▶ _Activity_: For the listing that follows, give again exactly the lines from the one with "let header = drop patch_offset patch in" to the one with "-- bytes it has taken.", including both.

▶ _Source material_:

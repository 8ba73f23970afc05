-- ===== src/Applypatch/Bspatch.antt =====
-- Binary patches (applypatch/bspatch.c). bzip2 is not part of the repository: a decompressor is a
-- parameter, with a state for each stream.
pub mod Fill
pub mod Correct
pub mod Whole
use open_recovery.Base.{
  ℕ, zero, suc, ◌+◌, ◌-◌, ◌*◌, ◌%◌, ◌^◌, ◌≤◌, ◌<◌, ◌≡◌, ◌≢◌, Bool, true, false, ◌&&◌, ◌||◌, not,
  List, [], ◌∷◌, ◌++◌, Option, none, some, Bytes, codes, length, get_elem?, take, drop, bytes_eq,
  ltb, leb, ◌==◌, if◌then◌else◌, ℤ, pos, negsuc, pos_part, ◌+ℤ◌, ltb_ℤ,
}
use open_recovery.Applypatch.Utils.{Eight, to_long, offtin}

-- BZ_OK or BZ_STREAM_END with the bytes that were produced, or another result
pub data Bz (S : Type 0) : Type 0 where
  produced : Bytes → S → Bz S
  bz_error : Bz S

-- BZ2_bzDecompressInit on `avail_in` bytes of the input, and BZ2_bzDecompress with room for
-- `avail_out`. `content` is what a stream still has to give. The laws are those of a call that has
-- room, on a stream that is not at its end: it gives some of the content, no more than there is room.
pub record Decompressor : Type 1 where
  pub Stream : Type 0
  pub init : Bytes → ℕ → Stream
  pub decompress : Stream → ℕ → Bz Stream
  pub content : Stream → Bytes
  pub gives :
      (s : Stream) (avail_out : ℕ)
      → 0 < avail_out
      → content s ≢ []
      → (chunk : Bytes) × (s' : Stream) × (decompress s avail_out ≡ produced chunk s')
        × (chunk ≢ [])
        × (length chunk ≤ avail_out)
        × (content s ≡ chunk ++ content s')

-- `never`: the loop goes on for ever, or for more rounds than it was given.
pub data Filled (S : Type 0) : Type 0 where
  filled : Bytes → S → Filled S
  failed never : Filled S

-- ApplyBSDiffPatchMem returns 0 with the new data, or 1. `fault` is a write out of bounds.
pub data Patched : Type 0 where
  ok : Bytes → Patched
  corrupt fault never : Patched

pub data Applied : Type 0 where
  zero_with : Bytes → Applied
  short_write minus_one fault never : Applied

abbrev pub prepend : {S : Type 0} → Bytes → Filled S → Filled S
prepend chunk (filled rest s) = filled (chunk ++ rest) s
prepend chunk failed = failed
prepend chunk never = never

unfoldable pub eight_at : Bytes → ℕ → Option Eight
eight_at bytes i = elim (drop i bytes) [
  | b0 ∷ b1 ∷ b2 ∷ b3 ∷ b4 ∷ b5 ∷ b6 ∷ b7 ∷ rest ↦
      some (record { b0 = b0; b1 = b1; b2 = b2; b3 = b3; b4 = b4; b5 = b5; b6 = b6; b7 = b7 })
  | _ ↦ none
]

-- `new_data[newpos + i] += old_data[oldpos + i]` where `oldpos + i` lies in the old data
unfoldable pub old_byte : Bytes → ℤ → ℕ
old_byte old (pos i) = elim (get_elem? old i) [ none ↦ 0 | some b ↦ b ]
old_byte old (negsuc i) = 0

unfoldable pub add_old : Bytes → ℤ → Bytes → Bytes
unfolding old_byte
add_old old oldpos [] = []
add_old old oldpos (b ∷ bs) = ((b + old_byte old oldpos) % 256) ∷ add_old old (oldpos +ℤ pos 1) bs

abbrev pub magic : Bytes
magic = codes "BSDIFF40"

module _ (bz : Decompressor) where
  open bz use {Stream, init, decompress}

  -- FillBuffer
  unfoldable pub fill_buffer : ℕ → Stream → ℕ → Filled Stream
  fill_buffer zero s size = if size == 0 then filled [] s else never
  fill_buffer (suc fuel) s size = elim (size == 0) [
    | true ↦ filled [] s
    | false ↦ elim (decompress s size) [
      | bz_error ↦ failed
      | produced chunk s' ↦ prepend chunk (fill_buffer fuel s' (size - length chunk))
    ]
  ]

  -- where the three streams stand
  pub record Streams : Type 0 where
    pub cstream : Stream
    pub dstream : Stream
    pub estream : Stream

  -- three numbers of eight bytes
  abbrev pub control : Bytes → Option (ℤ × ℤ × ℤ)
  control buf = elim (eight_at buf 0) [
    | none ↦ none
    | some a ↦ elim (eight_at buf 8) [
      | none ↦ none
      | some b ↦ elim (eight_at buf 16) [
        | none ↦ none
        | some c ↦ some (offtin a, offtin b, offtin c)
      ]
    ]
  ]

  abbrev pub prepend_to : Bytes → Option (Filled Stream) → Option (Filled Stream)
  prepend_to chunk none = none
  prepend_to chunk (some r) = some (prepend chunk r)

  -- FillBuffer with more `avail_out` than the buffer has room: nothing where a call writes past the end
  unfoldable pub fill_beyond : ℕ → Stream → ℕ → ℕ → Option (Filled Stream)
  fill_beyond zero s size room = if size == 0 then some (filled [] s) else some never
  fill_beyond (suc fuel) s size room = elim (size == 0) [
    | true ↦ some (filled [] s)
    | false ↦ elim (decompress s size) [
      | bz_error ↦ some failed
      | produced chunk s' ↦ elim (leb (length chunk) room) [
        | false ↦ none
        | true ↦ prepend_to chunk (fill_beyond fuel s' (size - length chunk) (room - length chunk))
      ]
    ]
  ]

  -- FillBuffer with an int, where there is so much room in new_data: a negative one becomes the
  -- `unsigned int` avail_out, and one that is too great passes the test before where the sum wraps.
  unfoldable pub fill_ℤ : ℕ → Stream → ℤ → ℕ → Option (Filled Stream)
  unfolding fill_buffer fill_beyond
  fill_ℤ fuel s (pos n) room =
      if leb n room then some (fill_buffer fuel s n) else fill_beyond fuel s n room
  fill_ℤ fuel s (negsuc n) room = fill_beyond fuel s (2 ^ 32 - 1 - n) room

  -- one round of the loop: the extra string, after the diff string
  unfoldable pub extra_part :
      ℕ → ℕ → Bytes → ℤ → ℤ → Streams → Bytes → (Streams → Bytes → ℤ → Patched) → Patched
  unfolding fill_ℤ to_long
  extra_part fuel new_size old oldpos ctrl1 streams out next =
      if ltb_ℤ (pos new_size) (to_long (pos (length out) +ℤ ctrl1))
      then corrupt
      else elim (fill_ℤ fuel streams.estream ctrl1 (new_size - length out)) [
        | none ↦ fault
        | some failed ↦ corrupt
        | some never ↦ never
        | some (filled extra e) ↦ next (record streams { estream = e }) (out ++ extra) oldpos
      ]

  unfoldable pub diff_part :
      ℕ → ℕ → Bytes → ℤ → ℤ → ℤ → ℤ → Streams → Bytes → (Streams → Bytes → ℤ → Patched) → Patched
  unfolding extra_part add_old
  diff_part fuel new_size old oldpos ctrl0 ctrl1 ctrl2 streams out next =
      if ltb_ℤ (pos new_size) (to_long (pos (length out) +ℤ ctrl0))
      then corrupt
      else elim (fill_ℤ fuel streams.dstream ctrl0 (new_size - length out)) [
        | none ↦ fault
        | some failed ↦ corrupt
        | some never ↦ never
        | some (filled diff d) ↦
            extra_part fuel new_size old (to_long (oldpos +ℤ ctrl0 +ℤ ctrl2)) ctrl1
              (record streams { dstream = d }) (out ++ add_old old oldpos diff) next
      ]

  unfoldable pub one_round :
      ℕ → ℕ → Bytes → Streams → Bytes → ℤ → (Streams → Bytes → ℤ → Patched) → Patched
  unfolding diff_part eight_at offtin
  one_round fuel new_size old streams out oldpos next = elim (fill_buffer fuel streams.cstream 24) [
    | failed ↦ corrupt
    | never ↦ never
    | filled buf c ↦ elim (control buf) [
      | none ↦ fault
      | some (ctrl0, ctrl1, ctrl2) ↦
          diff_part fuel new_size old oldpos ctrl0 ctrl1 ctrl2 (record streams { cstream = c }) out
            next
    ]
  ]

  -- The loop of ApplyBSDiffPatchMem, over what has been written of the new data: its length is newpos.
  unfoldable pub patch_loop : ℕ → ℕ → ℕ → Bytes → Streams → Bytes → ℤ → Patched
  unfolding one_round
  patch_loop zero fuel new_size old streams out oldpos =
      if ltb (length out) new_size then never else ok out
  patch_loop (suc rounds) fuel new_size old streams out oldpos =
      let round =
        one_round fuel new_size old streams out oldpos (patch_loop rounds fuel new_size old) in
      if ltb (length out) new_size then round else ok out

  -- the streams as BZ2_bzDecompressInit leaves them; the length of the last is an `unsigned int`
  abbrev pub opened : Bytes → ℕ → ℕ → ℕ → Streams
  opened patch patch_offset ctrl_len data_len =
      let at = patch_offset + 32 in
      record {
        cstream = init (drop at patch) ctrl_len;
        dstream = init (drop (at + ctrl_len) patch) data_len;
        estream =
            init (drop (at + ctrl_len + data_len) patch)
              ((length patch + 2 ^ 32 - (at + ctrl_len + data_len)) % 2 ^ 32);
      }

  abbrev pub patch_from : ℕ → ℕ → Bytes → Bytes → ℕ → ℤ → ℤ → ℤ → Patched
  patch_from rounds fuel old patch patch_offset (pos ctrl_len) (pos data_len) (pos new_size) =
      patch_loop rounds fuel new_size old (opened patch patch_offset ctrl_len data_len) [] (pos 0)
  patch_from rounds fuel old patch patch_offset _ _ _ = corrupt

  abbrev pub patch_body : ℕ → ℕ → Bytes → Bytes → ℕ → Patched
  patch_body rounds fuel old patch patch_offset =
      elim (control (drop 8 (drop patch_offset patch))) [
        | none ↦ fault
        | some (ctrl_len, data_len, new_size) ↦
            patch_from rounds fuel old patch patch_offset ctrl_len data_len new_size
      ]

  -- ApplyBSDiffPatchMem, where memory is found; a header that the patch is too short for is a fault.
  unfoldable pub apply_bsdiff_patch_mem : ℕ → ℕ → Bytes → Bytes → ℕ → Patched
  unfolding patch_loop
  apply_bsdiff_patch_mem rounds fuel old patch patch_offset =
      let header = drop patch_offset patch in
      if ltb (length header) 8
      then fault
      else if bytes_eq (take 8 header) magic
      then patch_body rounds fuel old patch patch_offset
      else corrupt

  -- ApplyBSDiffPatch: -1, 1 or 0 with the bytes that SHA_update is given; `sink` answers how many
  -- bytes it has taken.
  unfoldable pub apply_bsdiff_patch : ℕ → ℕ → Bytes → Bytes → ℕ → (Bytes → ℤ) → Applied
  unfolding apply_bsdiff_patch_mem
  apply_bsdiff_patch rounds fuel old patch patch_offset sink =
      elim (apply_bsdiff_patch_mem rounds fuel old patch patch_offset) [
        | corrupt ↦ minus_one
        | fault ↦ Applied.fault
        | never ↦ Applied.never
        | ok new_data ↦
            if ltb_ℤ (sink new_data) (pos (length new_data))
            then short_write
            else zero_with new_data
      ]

▶ _Solution to the exercise_:
      let header = drop patch_offset patch in
      if ltb (length header) 8
      then fault
      else if bytes_eq (take 8 header) magic
      then patch_body rounds fuel old patch patch_offset
      else corrupt

  -- ApplyBSDiffPatch: -1, 1 or 0 with the bytes that SHA_update is given; `sink` answers how many
  -- bytes it has taken.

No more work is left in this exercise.